On January 2, 2013, AM 1270 returned to sports talk. While WXYT-FM aired mostly local shows, WXYT (AM) largely carried network programming from co-owned CBS Sports Radio.

On February 2, 2017, CBS Radio announced it would merge with Entercom. The merger was approved on November 9, 2017, and was consummated on November 17.
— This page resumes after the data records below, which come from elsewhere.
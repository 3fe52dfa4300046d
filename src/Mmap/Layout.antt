-- ===== src/Mmap/Layout.antt =====
-- How messages lie in the segment files, and that writes behind them leave them alone.
use skywalking_satellite.Base.{
  ℕ, ◌+◌, ◌%◌, ◌≡◌, refl, sym, subst, ◌∙◌, inr, List, [], ◌∷◌, ◌++◌, length, arith,
}
use skywalking_satellite.Mmap.File.{MmapFile}
use skywalking_satellite.Mmap.Operation.{skip_tail}
use skywalking_satellite.Mmap.Position.{
  Place, Before, AtMost, AtMost-trans, Before-AtMost, Before-weaken, next, walk, body, next-Before,
  walk-AtMost, skip_tail-AtMost, body-Before,
}

module _ (F : MmapFile) (size capacity : ℕ) where
  open F use {File, byte, read_uint64_at, word_of_bytes}

  -- the byte at a place, in the file that the segment shares with others
  abbrev pub cell : (ℕ → File) → Place → ℕ
  cell files p = byte (files (p.0 % capacity)) p.1

  abbrev pub word : (ℕ → File) → Place → ℕ
  word files p = read_uint64_at (files (p.0 % capacity)) p.1

  -- `bs` are the bytes from the place on.
  abbrev pub Stored : (ℕ → File) → Place → List ℕ → Type 0
  Stored files p [] = Unit {0}
  Stored files p (b ∷ bs) = (cell files p ≡ b) × Stored files (next size p) bs

  -- From `r` to `w` lie exactly these messages.
  abbrev pub Laid : (ℕ → File) → Place → List (List ℕ) → Place → Type 0
  Laid files r [] w = r ≡ w
  Laid files r (m ∷ ms) w =
      (word files (skip_tail size r) ≡ length m)
      × Stored files (body size r) m
      × Laid files (walk size (length m) (body size r)) ms w

  pub Stored-append :
      (files : ℕ → File) (p : Place) (xs ys : List ℕ)
      → Stored files p xs
      → Stored files (walk size (length xs) p) ys
      → Stored files p (xs ++ ys)
  Stored-append files p [] ys h k = k
  Stored-append files p (x ∷ xs) ys h k = (h.0, Stored-append files (next size p) xs ys h.1 k)

  pub Laid-append :
      (files : ℕ → File) (r : Place) (ms ns : List (List ℕ)) (w v : Place)
      → Laid files r ms w
      → Laid files w ns v
      → Laid files r (ms ++ ns) v
  Laid-append files r [] ns w v h k = subst (λ t. Laid files t ns v) (sym h) k
  Laid-append files r (m ∷ ms) ns w v h k =
      (h.0, h.1, Laid-append files (walk size (length m) (body size r)) ms ns w v h.2 k)

  pub Laid-AtMost :
      (files : ℕ → File) (r : Place) (ms : List (List ℕ)) (w : Place)
      → Laid files r ms w
      → AtMost r w
  Laid-AtMost files r [] w h = subst (AtMost r) h (inr (refl, omega arith))
  Laid-AtMost files r (m ∷ ms) w h = AtMost-trans (Before-weaken (body-Before size r)) (
      AtMost-trans (walk-AtMost size (length m) (body size r))
        (Laid-AtMost files (walk size (length m) (body size r)) ms w h.2))

  -- A queue with a message has its reading offset before its writing offset.
  pub Laid-Before :
      (files : ℕ → File) (r : Place) (m : List ℕ) (ms : List (List ℕ)) (w : Place)
      → Laid files r (m ∷ ms) w
      → Before r w
  Laid-Before files r m ms w h = Before-AtMost (body-Before size r) (
      AtMost-trans (walk-AtMost size (length m) (body size r))
        (Laid-AtMost files (walk size (length m) (body size r)) ms w h.2))

  -- The files agree on what lies between two places.
  abbrev pub Agree : (ℕ → File) → (ℕ → File) → Place → Place → Type 0
  Agree f g r w = (p : Place) → AtMost r p → Before p w → cell g p ≡ cell f p

  pub Stored-Agree :
      (f g : ℕ → File) (p : Place) (bs : List ℕ)
      → Agree f g p (walk size (length bs) p)
      → Stored f p bs
      → Stored g p bs
  Stored-Agree f g p [] a h = tt
  Stored-Agree f g p (b ∷ bs) a h = (
    a p (inr (refl, omega arith))
          (Before-AtMost (next-Before size p) (walk-AtMost size (length bs) (next size p)))
        ∙ h.0,
    Stored-Agree f g (next size p) bs
        (λ t at below. a t (AtMost-trans (Before-weaken (next-Before size p)) at) below) h.1,
  )

  pub word-Agree : (f g : ℕ → File) (p : Place) → Agree f g p (p.0, p.1 + 8) → word g p ≡ word f p
  word-Agree f g p a =
      word_of_bytes (g (p.0 % capacity)) (f (p.0 % capacity)) p.1
        (λ k h. a (p.0, p.1 + k) (inr (refl, omega arith)) (inr (refl, omega arith)))

  pub word_below_body :
      (p : Place) → AtMost ((skip_tail size p).0, (skip_tail size p).1 + 8) (body size p)
  word_below_body p = ground arith

  pub Laid-Agree :
      (f g : ℕ → File) (r : Place) (ms : List (List ℕ)) (w : Place)
      → Agree f g r w
      → Laid f r ms w
      → Laid g r ms w
  Laid-Agree f g r [] w a h = h
  Laid-Agree f g r (m ∷ ms) w a h =
      let last = Laid-AtMost f (walk size (length m) (body size r)) ms w h.2 in
      (
        word-Agree f g (skip_tail size r) (λ p at below.
              a p (AtMost-trans (skip_tail-AtMost size r) at) (
                Before-AtMost below (
                  AtMost-trans (word_below_body r)
                    (AtMost-trans (walk-AtMost size (length m) (body size r)) last))))
            ∙ h.0,
        Stored-Agree f g (body size r) m
            (λ p at below.
              a p (AtMost-trans (Before-weaken (body-Before size r)) at) (Before-AtMost below last))
            h.1,
        Laid-Agree f g (walk size (length m) (body size r)) ms w
            (λ p at below.
              a p
                (AtMost-trans (Before-weaken (body-Before size r))
                  (AtMost-trans (walk-AtMost size (length m) (body size r)) at))
                below)
            h.2,
      )
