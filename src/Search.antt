-- ===== src/Search.antt =====
-- crates/hub-search
pub mod Lexical
pub mod Vector
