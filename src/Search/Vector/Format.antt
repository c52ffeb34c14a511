-- ===== src/Search/Vector/Format.antt =====
-- The text of a query vector.
use mathlib.Core.List.{append_assoc, append-nil}
use agentenv_skills_hub.Common.Text.{text, Text}
use agentenv_skills_hub.Search.Vector.{
  empty_embedding, format_query_vector, non_finite_embedding, SearchError, push_values, Floats,
}
use mathlib.Core.Option
use mathlib.Core.Option.{Option}
use agentenv_skills_hub.Common.{
  true, ltb, ◌<◌, Result, ◌+◌, ◌++◌, List, ◌≡◌, ◌>>=◌, refl, arith, ap, ◌∙◌, sym, none, some, ok,
  err, [], ◌∷◌, inl, inr, Bool-cases, if◌then◌else◌, ℕ,
}

module _ (floats : Floats) where
  -- Where the first value stands that is not finite.
  unfoldable pub first_non_finite : List floats.F32 → Option ℕ
  first_non_finite [] = none
  first_non_finite (value ∷ values) =
      if floats.is_finite value then Option.map (λ i. i + 1) (first_non_finite values) else some 0

  -- The values with a comma before each.
  unfoldable pub listed : List floats.F32 → Text
  listed [] = []
  listed (value ∷ values) = b',' ∷ (floats.to_string value ++ listed values)

  abbrev pub vector_text : List floats.F32 → Text
  vector_text [] = text "[]"
  vector_text (value ∷ values) = b'[' ∷ ((floats.to_string value ++ listed values) ++ text "]")

  abbrev pub shifted : ℕ → Text → Option ℕ → Result SearchError Text
  shifted index written none = ok written
  shifted index written (some i) = err (non_finite_embedding (index + i))

  push_values-listed :
      (index : ℕ) (vector : Text) (values : List floats.F32)
      → 0 < index
      → push_values floats index vector values
        ≡ shifted index (vector ++ listed values) (first_non_finite values)
  unfolding push_values first_non_finite listed
  push_values-listed index vector [] h = ap ok (sym (append-nil vector))
  push_values-listed index vector (value ∷ values) h = elim (Bool-cases (floats.is_finite value)) [
    | inr e ↦ rw e (ap (λ (i : ℕ). err (non_finite_embedding i)) (omega arith))
    | inl e ↦
        rw (e, positive)
          (push_values-listed (index + 1) ((vector ++ b',' ∷ []) ++ floats.to_string value) values
              (omega arith)
            ∙ moved (first_non_finite values))
  ]
    where
      positive : ltb 0 index ≡ true
      positive = ground arith

      moved :
          (o : Option ℕ)
          → shifted
              (index + 1)
              (((vector ++ b',' ∷ []) ++ floats.to_string value) ++ listed values)
              o
            ≡ shifted index
                (vector ++ b',' ∷ (floats.to_string value ++ listed values))
                (Option.map (λ i. i + 1) o)
      moved none = ap ok (simp append_assoc)
      moved (some i) = ap (λ (j : ℕ). err (non_finite_embedding j)) (omega arith)

  -- The query vector is the values in brackets with commas between them. No values, and values of
  -- which one is not finite, are refused, the latter with the place of the first such value.
  pub format_query_vector_lem :
      (value : floats.F32) (values : List floats.F32)
      → (format_query_vector floats [] ≡ err empty_embedding)
        × (format_query_vector floats (value ∷ values)
            ≡ shifted 0 (vector_text (value ∷ values)) (first_non_finite (value ∷ values)))
  unfolding format_query_vector first_non_finite
  format_query_vector_lem value values = (
    refl,
    elim (Bool-cases (floats.is_finite value)) [
      | inr e ↦ rw e refl
      | inl e ↦
          rw (e, push_values-listed 1 (b'[' ∷ floats.to_string value) values (omega arith))
            (closed (first_non_finite values))
    ],
  )
    where
      closed :
          (o : Option ℕ)
          → (shifted 1 ((b'[' ∷ floats.to_string value) ++ listed values) o
              >>= (λ vector. ok (vector ++ text "]")))
            ≡ shifted 0 (vector_text (value ∷ values)) (Option.map (λ i. i + 1) o)
      closed none = refl
      closed (some i) = ap (λ (j : ℕ). err (non_finite_embedding j)) (omega arith)
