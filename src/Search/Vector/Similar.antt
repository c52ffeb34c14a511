-- ===== src/Search/Vector/Similar.antt =====
-- What a similarity search answers.
use agentenv_skills_hub.Core.Model.{OffsetDateTime}
use agentenv_skills_hub.Search.Lexical.{filter_map, SearchDocument}
use mathlib.Core.List.Perm
use agentenv_skills_hub.Index.Tables.{SkillVersionRow, SkillRow, Db}
use mathlib.Core.List.{map-append, Perm, Permᴰ}
use mathlib.Core.Logic.{∥∥₁_elim}
use agentenv_skills_hub.Common.{keep, find, ◌∙◌, min, some, none}
use agentenv_skills_hub.Common.Text.{Text}
use agentenv_skills_hub.Search.Vector.{
  is_active, join_embeddings, format_query_vector, search_rows, active, document, similar,
  SkillEmbeddingRow, EmbeddedRow, Floats,
}
use agentenv_skills_hub.Common.Int.{pos_part, ℤ, pos, negsuc}
use agentenv_skills_hub.Common.{
  Option-cases, ◌==◌, Bool-cases, Option, ◌++◌, map, length, take, List, ℕ, ◌≡◌, refl, arith, ap,
  ok, [], ◌∷◌, inl, inr, Result-cases,
}

drop : {A : Type 0} → ℕ → List A → List A
drop ℕ.zero xs = xs
drop (ℕ.suc n) [] = []
drop (ℕ.suc n) (x ∷ xs) = drop n xs

take-drop : {A : Type 0} (n : ℕ) (xs : List A) → take n xs ++ drop n xs ≡ xs
unfolding drop
take-drop ℕ.zero xs = refl
take-drop (ℕ.suc n) [] = refl
take-drop (ℕ.suc n) (x ∷ xs) = ap (λ ys. x ∷ ys) (take-drop n xs)

length-take : {A : Type 0} (n : ℕ) (xs : List A) → length (take n xs) ≡ min n (length xs)
length-take ℕ.zero xs = omega arith
length-take (ℕ.suc n) [] = omega arith
length-take (ℕ.suc n) (x ∷ xs) = omega (arith, length-take n xs)

length-Permᴰ : {A : Type 0} {xs ys : List A} → Permᴰ xs ys → length xs ≡ length ys
length-Permᴰ Permᴰ.nil = refl
length-Permᴰ (Permᴰ.cons e p) = ap ℕ.suc (length-Permᴰ p)
length-Permᴰ (Permᴰ.swap e f) = refl
length-Permᴰ (Permᴰ.trans p q) = length-Permᴰ p ∙ length-Permᴰ q

length-Perm : {A : Type 0} {xs ys : List A} → Perm xs ys → length xs ≡ length ys
length-Perm p = ∥∥₁_elim p (hlevel) (λ d. length-Permᴰ d)

length-map : {A B : Type 0} (f : A → B) (xs : List A) → length (map f xs) ≡ length xs
length-map f [] = refl
length-map f (x ∷ xs) = omega (arith, length-map f xs)

-- What an embedding stands for: a version that is there, with its skill, and has no yank mark.
module _ (floats : Floats) where
  abbrev unmarked : Option OffsetDateTime → SearchDocument → Option SearchDocument
  unmarked none doc = some doc
  unmarked (some at) doc = none

  abbrev described : Option SkillRow → Option SkillVersionRow → Option SearchDocument
  described (some s) (some sv) = unmarked sv.yanked_at (record {
    namespace = s.namespace;
    name = s.name;
    version = sv.version;
    description = s.description;
  })
  described _ _ = none

  abbrev pub embedded : Db → List (SkillEmbeddingRow floats) → List SearchDocument
  embedded db rows =
      filter_map
        (λ (e : SkillEmbeddingRow floats).
          described (find (λ (s : SkillRow). s.id == e.skill_id) db.skills)
            (find (λ (sv : SkillVersionRow). sv.id == e.version_id) db.skill_versions))
        rows

  documents_of_active :
      (db : Db) (rows : List (SkillEmbeddingRow floats))
      → map (document floats) (keep (is_active floats) (join_embeddings floats db rows))
        ≡ embedded db rows
  unfolding join_embeddings filter_map keep
  documents_of_active db [] = refl
  documents_of_active db (e ∷ rows) =
      elim (Option-cases (find (λ (s : SkillRow). s.id == e.skill_id) db.skills)) [
        | inl n ↦ rw n (documents_of_active db rows)
        | inr (s, f) ↦
            elim (Option-cases
              (find (λ (sv : SkillVersionRow). sv.id == e.version_id) db.skill_versions)) [
                | inl n ↦ rw (f, n) (documents_of_active db rows)
                | inr (sv, g) ↦ elim (Option-cases sv.yanked_at) [
                  | inl y ↦
                      rw (f, g, y)
                        (ap (λ docs. document floats (e, s, sv) ∷ docs)
                          (documents_of_active db rows))
                  | inr (at, y) ↦ rw (f, g, y) (documents_of_active db rows)
                ]
              ]
      ]

module _ (floats : Floats) (ordered : Text → List (EmbeddedRow floats) → List (EmbeddedRow floats))
    (ordered-perm : (v : Text) (rows : List (EmbeddedRow floats)) → Perm (ordered v rows) rows)
    (fault : Option Text) (db : Db) (embeddings : List (SkillEmbeddingRow floats)) where
  -- As many documents as there are, up to so many, which with others make up those of the embedded
  -- versions that are not yanked.
  abbrev pub IsBounded : ℕ → List SearchDocument → Type 0
  IsBounded limit docs =
      (length docs ≡ min limit (length (embedded floats db embeddings)))
      × (rest : List SearchDocument) × Perm (docs ++ rest) (embedded floats db embeddings)

  nothing-IsBounded : (docs : List SearchDocument) → docs ≡ [] → IsBounded 0 docs
  nothing-IsBounded docs e = rw e (omega arith, embedded floats db embeddings, Perm.refl _)

  abbrev nearest : Text → List (EmbeddedRow floats)
  nearest v = ordered v (active floats ordered fault db embeddings)

  nearest-perm :
      (v : Text) → Perm (map (document floats) (nearest v)) (embedded floats db embeddings)
  nearest-perm v =
      rw (← documents_of_active floats db embeddings)
        (Perm.map (document floats) (ordered-perm v (active floats ordered fault db embeddings)))

  rows-IsBounded :
      (limit : ℕ) (v : Text) (docs : List SearchDocument)
      → docs ≡ map (document floats) (take limit (nearest v))
      → IsBounded limit docs
  rows-IsBounded limit v docs e = rw e (
    omega (
      arith,
      length-map (document floats) (take limit (nearest v)),
      length-map (document floats) (nearest v),
      length-take limit (nearest v),
      length-Perm (nearest-perm v),
    ),
    map (document floats) (drop limit (nearest v)),
    rw
        (
          ← map-append (document floats) (take limit (nearest v)) (drop limit (nearest v)),
          take-drop limit (nearest v),
        )
        (nearest-perm v),
  )

  search_rows-IsBounded :
      (embedding : List floats.F32) (limit : ℕ) (docs : List SearchDocument)
      → search_rows floats ordered fault db embeddings embedding limit ≡ ok docs
      → IsBounded limit docs
  unfolding search_rows
  search_rows-IsBounded embedding limit docs h =
      elim (Result-cases (format_query_vector floats embedding)) [
        | inl (v, e) ↦ elim (Option-cases fault) [
          | inl f ↦ rows-IsBounded limit v docs (ground arith)
          | inr (source, f) ↦ absurd (ground arith)
        ]
        | inr (x, e) ↦ absurd (ground arith)
      ]

  -- A similarity search answers with `limit` documents, or with all that there are if these are
  -- fewer, and with none for a limit of 0 or below. What there is has one document for each embedding
  -- whose version and skill are there and whose version is not yanked, whatever the visibility of the
  -- skill; none of them is answered more often than that. The server's ORDER BY keeps the rows.
  pub similar-IsBounded :
      (embedding : List floats.F32) (limit : ℤ) (docs : List SearchDocument)
      → similar floats ordered fault db embeddings embedding limit ≡ ok docs
      → IsBounded (pos_part limit) docs
  unfolding similar
  similar-IsBounded embedding (negsuc n) docs h = nothing-IsBounded docs (cc)
  similar-IsBounded embedding (pos n) docs h = elim (Bool-cases (n == 0)) [
    | inl e ↦ let zero : n ≡ 0 = ground arith in rw zero (nothing-IsBounded docs (ground arith))
    | inr e ↦ search_rows-IsBounded embedding n docs (rw e at h)
  ]
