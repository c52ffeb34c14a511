-- ===== src/Tests.antt =====
-- The theorems at concrete inputs.
mod Fixtures
mod Core
mod Index
mod Storage
mod Search
mod Api
mod Registry
mod Delivery
mod Environment
mod Handlers
mod Server
mod Readers
mod Bundles
mod Migrations
mod Writes
mod Network
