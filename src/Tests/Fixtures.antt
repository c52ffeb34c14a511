-- ===== src/Tests/Fixtures.antt =====
-- Concrete parsers, services and requests.
use agentenv_skills_hub.Common.{
  all, any, Option, none, some, List, [], ◌∷◌, Result, ok, err, ◌++◌, false, Bool, ℕ, is_empty,
  if◌then◌else◌,
}
use agentenv_skills_hub.Common.Text.{
  contains_char, split, bytes, text_eq, strip_prefix, starts_with, is_ascii_alphabetic,
  is_ascii_hexdigit, Text, text, split_once,
}
use agentenv_skills_hub.Core.Auth.{
  has_scope, has_role, can_publish, can_yank, can_manage_webhooks, can_read, AuthContext,
}
use agentenv_skills_hub.Core.Auth.Roles.{granted}
use agentenv_skills_hub.Core.FilePath.{components, push}
use agentenv_skills_hub.Core.Service.{
  has_signature, authenticated_subject, publish, yank, HubRepository, HubService, WebhookEvent,
  WebhookQueue,
}
use agentenv_skills_hub.Core.Service.Request.{validate_publish_request}
use agentenv_skills_hub.Core.Validation.{
  validate_skill_path, has_windows_drive_prefix, validate_namespace, validate_skill_name,
  is_sha256_hex, validate_digest, validate_version, validate_artifact_url,
}
use agentenv_skills_hub.Core.Validation.Paths.{normal_parts, checked_path}
use agentenv_skills_hub.Common.Order.{text_cmp}
use agentenv_skills_hub.Core.Auth
use agentenv_skills_hub.Core.Crates.{Url, Crates}
use agentenv_skills_hub.Core.Error.{HubError}
use agentenv_skills_hub.Core.Model.{
  PublishSkillRequest, SkillVersionRecord, NamespaceRole, publisher, reader,
}

-- A URL is a scheme and a path, a version any text that is not empty.
abbrev url_of : Option (Text × Text) → Result Text Url
url_of none = err (text "relative URL without a base")
url_of (some (s, p)) = ok (record {
  scheme = s;
  username = [];
  password = none;
  host_str = none;
  path = p;
  query = none;
  fragment = none;
})

abbrev pub crates : Crates
crates = record {
  Version = Text;
  parse_version = λ v. if is_empty v then err (text "empty string") else ok v;
  version_cmp = text_cmp;
  parse_url = λ u. url_of (split_once b':' u);
}

abbrev pub file_url : Url
file_url = record {
  scheme = text "file";
  username = [];
  password = none;
  host_str = none;
  path = text "///x";
  query = none;
  fragment = none;
}

abbrev pub hex64 : Text
hex64 = text "e3b0c44298fc1c149afbf4c8996fb92427ae41e4649b934ca495991b7852b855"

abbrev pub request : PublishSkillRequest
request = record {
  manifest = record {
    name = text "code-review";
    version = text "1.2.0";
    description = some (text "Review code");
    entry = text "SKILL.md";
    files = text "docs//./a.md" ∷ [];
  };
  artifact = record {
    url = text "file:///srv/a.tar.zst";
    media_type = text "application/zstd";
    digest = text "sha256:" ++ hex64;
  };
  signature_ed25519 = some (text "aa");
  public_key_ed25519 = some (text "bb");
  sigstore_bundle = none;
}

abbrev pub role_pairs : List (Text × NamespaceRole)
role_pairs = (text "acme", reader) ∷ (text "acme", publisher) ∷ []

abbrev pub publisher_auth : AuthContext
publisher_auth = Auth.new (text "ann") (text "skills:publish" ∷ text "skills:yank" ∷ []) role_pairs

abbrev pub stored_record : SkillVersionRecord
stored_record = record {
  id = 1;
  namespace = text "acme";
  name = text "code-review";
  version = text "1.2.0";
  description = some (text "Review code");
  digest = text "sha256:" ++ hex64;
  artifact_url = text "file:///srv/a.tar.zst";
  artifact_media_type = text "application/zstd";
  signature_ed25519 = some (text "aa");
  public_key_ed25519 = some (text "bb");
  yanked_at = none;
  yank_reason = none;
  created_at = 5;
}

-- A repository that counts its inserts, and a queue that is a list or is broken.
abbrev pub counting_repo : HubRepository ℕ
counting_repo = record {
  insert_version = λ ns vis who req n. (ok stored_record, ℕ.suc n);
  yank_version = λ ns name version reason n. (ok tt, n);
}

abbrev pub list_queue : Bool → WebhookQueue (List WebhookEvent)
list_queue works = record {
  enqueue = λ event events.
      if works then (ok tt, event ∷ events) else (err (HubError.database (text "down")), events);
}

abbrev pub service : Bool → HubService ℕ (List WebhookEvent)
service works = record {
  repo = counting_repo;
  artifact_store = record { verify_artifact = λ a. ok tt };
  trust_verifier = record { verify_trust = λ r. ok tt };
  webhook_queue = list_queue works;
  allow_unsigned = false;
}

-- Unfolds the code of hub-core and what it calls.
unfoldable pub core_code : Unit {0}
unfolding split_once text_cmp contains_char split bytes text_eq strip_prefix starts_with
    is_ascii_alphabetic is_ascii_hexdigit all any components push normal_parts validate_skill_path
    checked_path has_windows_drive_prefix validate_namespace validate_skill_name is_sha256_hex
    validate_digest validate_version validate_artifact_url validate_publish_request has_scope
    has_role Auth.new can_publish can_yank can_manage_webhooks can_read granted has_signature
    authenticated_subject publish yank
core_code = tt
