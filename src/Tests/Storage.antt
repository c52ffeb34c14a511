-- ===== src/Tests/Storage.antt =====
-- The theorems about hub-storage at concrete digests.
use agentenv_skills_hub.Storage.Stores.{
  endpoint_url, trim_end_slashes, trim_start_slashes, first_layer_digest, oci_image, oci_fetch,
  file_fetch, Outside, s3_fetch,
}
use agentenv_skills_hub.Common.{
  find, none, some, ◌++◌, ◌<◌, length, [], ◌∷◌, ok, ◌≡◌, refl, ◌↔◌, ◌%◌, All, List, ℕ, arith,
}
use agentenv_skills_hub.Core.Crates.{Crates}
use agentenv_skills_hub.Tests.Fixtures.{file_url, crates, core_code}
use agentenv_skills_hub.Common.Text.{
  rsplit_once, trim_end, trim_start, to_ascii_lowercase, Text, text,
}
use agentenv_skills_hub.Storage.Digest.{
  hex, validate_digest-normalize, verify-sha256_digest, IsSha256,
}
use agentenv_skills_hub.Core.Validation.{validate_digest}
use agentenv_skills_hub.Storage.{
  push_hex_byte, push_hex_bytes, parse_artifact_pointer, sha256_digest, verify_sha256_digest,
  normalize_sha256_digest,
}

unfoldable pub repeat : ℕ → ℕ → List ℕ
repeat ℕ.zero b = []
repeat (ℕ.suc n) b = b ∷ repeat n b

repeat-All : (n b : ℕ) → b < 256 → All (λ c. c < 256) (repeat n b)
unfolding repeat
repeat-All ℕ.zero b h = tt
repeat-All (ℕ.suc n) b h = (h, repeat-All n b h)

-- A digest of 32 equal bytes.
unfoldable pub equal_bytes : List ℕ → List ℕ
equal_bytes content = repeat 32 (length content % 256)

equal_bytes-IsSha256 : IsSha256 equal_bytes
unfolding repeat equal_bytes
equal_bytes-IsSha256 content =
    let b : length content % 256 < 256 = omega arith in
    (refl, repeat-All 32 (length content % 256) b)

validate_digest-normalize_example :
    (validate_digest (text "sha256:zz") ≡ ok tt)
    ↔ ((d : Text) × (normalize_sha256_digest (text "sha256:zz") ≡ ok d))
validate_digest-normalize_example = validate_digest-normalize (text "sha256:zz")

-- A parser that answers with one address.
abbrev pub parser_of : Text → Text → Crates
parser_of s p = record crates {
  parse_url = λ u. ok (record {
    scheme = s;
    username = [];
    password = none;
    host_str = some (text "reg");
    path = p;
    query = none;
    fragment = none;
  });
}

abbrev pub content : List ℕ
content = text "abc"

abbrev pub digest : Text
digest = text "sha256:" ++ hex (repeat 32 3)

verify-sha256_digest_example :
    (normalize_sha256_digest (sha256_digest equal_bytes content)
      ≡ ok (sha256_digest equal_bytes content))
    × (verify_sha256_digest equal_bytes content (sha256_digest equal_bytes content) ≡ ok tt)
verify-sha256_digest_example = verify-sha256_digest equal_bytes content equal_bytes-IsSha256

-- Every read answers with the same content, and every manifest lists its digest.
abbrev pub outside : Outside
outside = record {
  to_file_path = λ u. some u.path;
  read = λ p. ok content;
  get_bytes = λ u. ok content;
  get_manifest = λ u. ok (record { layers = record { digest = digest } ∷ [] });
  set_path = λ u p. record u { path = p };
  sha256 = equal_bytes;
}

unfoldable pub storage_code : Unit {0}
unfolding core_code repeat hex equal_bytes parse_artifact_pointer normalize_sha256_digest
    sha256_digest verify_sha256_digest push_hex_bytes push_hex_byte to_ascii_lowercase file_fetch
    s3_fetch oci_fetch oci_image first_layer_digest trim_start_slashes trim_end_slashes trim_start
    trim_end endpoint_url rsplit_once find
storage_code = tt

file_run :
    file_fetch (parser_of (text "file") (text "/a")) outside (text "file:///a") digest ≡ ok content
unfolding storage_code
file_run = refl

s3_run :
    s3_fetch (parser_of (text "s3") (text "/k")) outside (some file_url) (text "s3://reg/k") digest
    ≡ ok content
unfolding storage_code
s3_run = refl

oci_run :
    oci_fetch
      (parser_of (text "oci") (text "/a:1"))
      outside
      (some (text "reg"))
      (some file_url)
      (text "oci://reg/a:1")
      digest
    ≡ ok content
unfolding storage_code
oci_run = refl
On June 21, 2021, WXYT began integrating sports gambling shows into its line-up and rebranded as "The Bet Detroit". It added programming from the co-owned BetQL Network, with CBS Sports Radio shows remaining in late nights, early mornings and weekend hours.

===Sports Rap Radio===
On February 23, 2024, it was announced Audacy would turn over operation of the station via a local marketing agreement to noted sports journalist Rob Parker, who had started his career in Detroit working at the Detroit Free Press, then becoming one of the first voices on the sports talk format of WDFN upon its launch in 1994; he had also worked with other local stations such as WXYT-FM and WCHB. Upon his takeover of control, the station's format was relaunched as "Sports Rap Radio", with Parker intending it to be the flagship station of a format he intended to broadcast in markets with a large African-American market base. His partners in the new format included former NBA player B.J. Armstrong as well as former college athletes Dave Kenney and Maurice Ways. The new format featured a predominantly African-American staff consisting of upcoming journalists or former athletes with a tie to Detroit itself, and featured 12 hours of local programming from 7 a.m. to 7 p.m., with Parker's Fox Sports Radio show The Odd Couple (airing from 7–10 p.m.), which he cohosts with Chris Broussard. The station continued to broadcast from the Audacy Detroit studios and carry overflow programming from WXYT-FM, but had its own sales team.

BetQL Network programming was moved over to WXYT-FM's HD3 channel at midnight on June 3, and WXYT AM began stunting for its upcoming launch. Sports Rap Radio launched on June 4.

===Sports betting===
Sports Rap would cease operations at 5 p.m. on August 27, after failing to obtain a second round of funding; Audacy then restored "The Bet Detroit" programming to WXYT. The network took the new moniker of BetMGM Network on February 2, 2025, after Audacy partnered with BetMGM for branding rights to the network.